Altro aspetto è il cumulo di altri progetti analoghi nello stesso territorio, in assenza di uno screening “dell’utilizzazione di risorse naturali, della produzione di rifiuti, dell’inquinamento e dei disturbi ambientali da essi prodotti, la loro localizzazione e il loro impatto potenziale con riferimento, tra l’altro, all’area geografica e alla densità della popolazione interessata”, come stabilito dalla direttiva europea 92 del 2011. Eppure, in Capitanata continuano a fioccare richieste per questa tipologia di impianti, l’ultimo dei quali a Sant’Agata di Puglia; nonostante l’85,5% dell’energia prodotta in Puglia risulti in eccedenza (come da elaborazione dati Terna realizzata dal Centro Studi di Confartigianato Imprese Puglia).
“Il finanziamento pubblico di queste centrali a biomasse – dichiara Giuseppe L’Abbate (M5S) –, laddove dati statistici certi farebbero emergere la mancanza di materia prima sul territorio necessaria al loro operato ed anche in assenza di reali garanzie del mantenimento dei livelli occupazionali, collide con i bisogni di sviluppo economico del territorio e del paesaggio italiano. Seppur non manchino alternative ragionevoli da finanziare – continua il deputato pugliese 5 Stelle – come la stessa società Enterra aveva colto commissionando dieci anni fa, per lo stesso sito, uno studio di fattibilità per un Centro Logistico Polifunzionale (una sorta di interporto in grado di sfruttare il collegamento già esistente con le Ferrovie e che vanta pochi altri eccellenti esempi in Puglia, ndr) per valorizzare la filiera agroalimentare made in Italy, vera vocazione del territorio del Tavoliere, Invitalia e lo Stato Italiano continuano a finanziare progetti il cui unico o principale presupposto di validità del business plan sono i lauti incentivi per le fonti energetiche rinnovabili.
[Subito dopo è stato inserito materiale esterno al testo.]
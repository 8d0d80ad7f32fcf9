-- ===== src/Channels/Removal.antt =====
-- projection.ts: which message a reference names (sameMessage), and the messages that the events
-- messageDeleted and messageRevoked leave.
use tea_desktop.Base.{
  ℕ, ◌<◌, ◌≡◌, refl, Bool, true, false, ◌⊎◌, ◌↔◌, List, [], ◌∷◌, Option, none, some, leb, arith,
  Bool-cases, inl, inr,
}
use tea_desktop.Base.Text.{Text, text_eq, text_eq_iff}
use tea_desktop.AgentDrawer.Store.{MessageRef}
use tea_desktop.Channels.Projection.{
  Message, redacted, state_revoked, message_deleted, message_revoked, ChannelProjection,
  same_server_id, same_message, matches_any, change_each, keep_unmatched, update_matched,
  remove_messages, update_messages, revoke, apply_event, reduce_channel_event,
}

-- Both have a server id, it is the same, and it is not empty.
abbrev pub SharesServerId : Option Text → Option Text → Type 0
SharesServerId (some (c ∷ l)) (some r) = c ∷ l ≡ r
SharesServerId _ _ = ⊥

-- Two references name one message: of one channel, with the same client id or the same server id.
abbrev pub IsSame : MessageRef → MessageRef → Type 0
IsSame left right =
    (left.channel_ref ≡ right.channel_ref)
    × ((left.message_client_id ≡ right.message_client_id)
        ⊎ SharesServerId left.message_server_id right.message_server_id)

-- One of the references names the message.
abbrev pub IsNamed : List MessageRef → Message → Type 0
IsNamed [] m = ⊥
IsNamed (ref ∷ refs) m = IsSame m.ref ref ⊎ IsNamed refs m

-- The second list is the first one without the messages that are named, in the same order.
pub data Removal (refs : List MessageRef) : List Message → List Message → Type 0 where
  no_more : Removal refs [] []
  leaves_out :
      {m : Message} {xs ys : List Message}
      → IsNamed refs m
      → Removal refs xs ys
      → Removal refs (m ∷ xs) ys
  keeps :
      {m : Message} {xs ys : List Message}
      → ¬ IsNamed refs m
      → Removal refs xs ys
      → Removal refs (m ∷ xs) (m ∷ ys)

-- What is known of a revoked message: nothing of its text and content, and all else as before.
abbrev pub IsRevoked : Message → Message → Type 0
IsRevoked m n =
    (n.state ≡ state_revoked)
    × (n.text ≡ [])
    × (n.content ≡ redacted)
    × (record n { state = m.state; text = m.text; content = m.content } ≡ m)

-- The second list is the first one with the messages that are named revoked, the others unchanged.
pub data Revocation (refs : List MessageRef) : List Message → List Message → Type 0 where
  no_others : Revocation refs [] []
  revokes :
      {m n : Message} {xs ys : List Message}
      → IsNamed refs m
      → IsRevoked m n
      → Revocation refs xs ys
      → Revocation refs (m ∷ xs) (n ∷ ys)
  leaves :
      {m : Message} {xs ys : List Message}
      → ¬ IsNamed refs m
      → Revocation refs xs ys
      → Revocation refs (m ∷ xs) (m ∷ ys)

-- The same channels, with lists of messages that are so related.
abbrev pub InEach :
    (List Message → List Message → Type 0)
    → List (Text × List Message)
    → List (Text × List Message)
    → Type 0
InEach R [] [] = Unit
InEach R ((k, xs) ∷ held) ((j, ys) ∷ next) = (k ≡ j) × R xs ys × InEach R held next
InEach R _ _ = ⊥

same_server_id_iff : (l r : Option Text) → (same_server_id l r ≡ true) ↔ SharesServerId l r
same_server_id_iff none r = (λ e. absurd (ground arith), λ h. absurd h)
same_server_id_iff (some []) none = (λ e. absurd (ground arith), λ h. absurd h)
same_server_id_iff (some (c ∷ l)) none = (λ e. absurd (ground arith), λ h. absurd h)
same_server_id_iff (some []) (some r) = (λ e. absurd (ground arith), λ h. absurd h)
same_server_id_iff (some (c ∷ l)) (some []) =
    (λ e. absurd (ground arith), λ h. absurd (ground arith))
same_server_id_iff (some (c ∷ l)) (some (d ∷ r)) = text_eq_iff (c ∷ l) (d ∷ r)

same_message_iff : (left right : MessageRef) → (same_message left right ≡ true) ↔ IsSame left right
unfolding same_message
same_message_iff left right =
    let channel = text_eq_iff left.channel_ref right.channel_ref in
    let client = text_eq_iff left.message_client_id right.message_client_id in
    let server = same_server_id_iff left.message_server_id right.message_server_id in
    (
      λ e. (
        channel.0 (ground arith),
        elim (Bool-cases (text_eq left.message_client_id right.message_client_id)) [
          | inl f ↦ inl (client.0 f)
          | inr f ↦ inr (server.0 (ground arith))
        ],
      ),
      λ h.
          rw (channel.1 h.0)
            (elim h.1 [ inl f ↦ rw (client.1 f) refl | inr f ↦ rw (server.1 f) (ground arith) ]),
    )

matches_any_iff :
    (refs : List MessageRef) (m : Message) → (matches_any refs m ≡ true) ↔ IsNamed refs m
matches_any_iff [] m = (λ e. absurd (ground arith), λ h. absurd h)
matches_any_iff (ref ∷ refs) m =
    let here = same_message_iff m.ref ref in
    let there = matches_any_iff refs m in
    (
      λ e. elim (Bool-cases (same_message m.ref ref)) [
        | inl f ↦ inl (here.0 f)
        | inr f ↦ inr (there.0 (ground arith))
      ],
      λ h. elim h [ inl f ↦ rw (here.1 f) refl | inr f ↦ rw (there.1 f) (ground arith) ],
    )

unmatched : (refs : List MessageRef) (m : Message) → matches_any refs m ≡ false → ¬ IsNamed refs m
unmatched refs m e h = absurd (ground (arith, (matches_any_iff refs m).1 h))

keep_unmatched-Removal :
    (refs : List MessageRef) (xs : List Message) → Removal refs xs (keep_unmatched refs xs)
keep_unmatched-Removal refs [] = no_more
keep_unmatched-Removal refs (x ∷ xs) = elim (Bool-cases (matches_any refs x)) [
  | inl e ↦ rw e (leaves_out ((matches_any_iff refs x).0 e) (keep_unmatched-Removal refs xs))
  | inr e ↦ rw e (keeps (unmatched refs x e) (keep_unmatched-Removal refs xs))
]

update_matched-Revocation :
    (refs : List MessageRef) (xs : List Message)
    → Revocation refs xs (update_matched refs revoke xs)
update_matched-Revocation refs [] = no_others
update_matched-Revocation refs (x ∷ xs) = elim (Bool-cases (matches_any refs x)) [
  | inl e ↦ rw e (
      revokes ((matches_any_iff refs x).0 e) (refl, refl, refl, refl)
        (update_matched-Revocation refs xs))
  | inr e ↦ rw e (leaves (unmatched refs x e) (update_matched-Revocation refs xs))
]

InEach-change_each :
    (R : List Message → List Message → Type 0) (change : List Message → List Message)
    → ((xs : List Message) → R xs (change xs))
    → (held : List (Text × List Message)) → InEach R held (change_each change held)
InEach-change_each R change f [] = tt
InEach-change_each R change f ((ref, xs) ∷ held) = (refl, f xs, InEach-change_each R change f held)

-- After a new event that deletes messages, each channel holds the messages that it held without
-- those that the event names, in the same order. After a new event that revokes messages, each
-- channel holds what it held, the messages named marked as revoked and their text and content
-- gone, the others unchanged. A message is named by a reference of its channel with its client
-- id, or with its server id where both have one that is not empty.
pub removed_and_revoked :
    (after : Text → Text → Bool) (limit : ℕ) (p : ChannelProjection) (refs : List MessageRef)
    → (n : ℕ) → p.last_event_sequence < n
    → InEach
        (Removal refs)
        p.messages_by_channel
        (reduce_channel_event after limit p
          (record { sequence = n; event = message_deleted refs })).0.messages_by_channel
      × InEach
          (Revocation refs)
          p.messages_by_channel
          (reduce_channel_event after limit p
            (record { sequence = n; event = message_revoked refs })).0.messages_by_channel
unfolding reduce_channel_event apply_event remove_messages update_messages
removed_and_revoked after limit p refs n new =
    let fresh : leb n p.last_event_sequence ≡ false = ground arith in
    (
      rw fresh (
          InEach-change_each (Removal refs) (keep_unmatched refs) (keep_unmatched-Removal refs)
            p.messages_by_channel),
      rw fresh (
          InEach-change_each (Revocation refs) (update_matched refs revoke)
            (update_matched-Revocation refs) p.messages_by_channel),
    )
Incentivi, che nel nostro Paese, sono destinati per la maggior parte a grandi impianti industriali in aree verdi a scapito della microgenerazione e del fotovoltaico sui tetti”.
I Ministeri dello Sviluppo Economico, dell’Agricoltura e dell’Ambiente dovranno rispondere se nel corso dell’istruttoria da parte di Invitalia sulla futura centrale a biomasse di “Borgo Eridania” sia stata tenuta in debita considerazione l’analisi costi-benefici, visti gli ingenti finanziamenti pubblici, in modo tale da garantire alla cittadinanza locale, già allarmata dalla presenza di altri impianti simili, che le ricadute occupazionali ed economiche, anche indirette, giustifichino gli impatti ambientali e sanitari ed anche il danno all’agricoltura biologica e di qualità che questo progetto porta inevitabilmente con sé.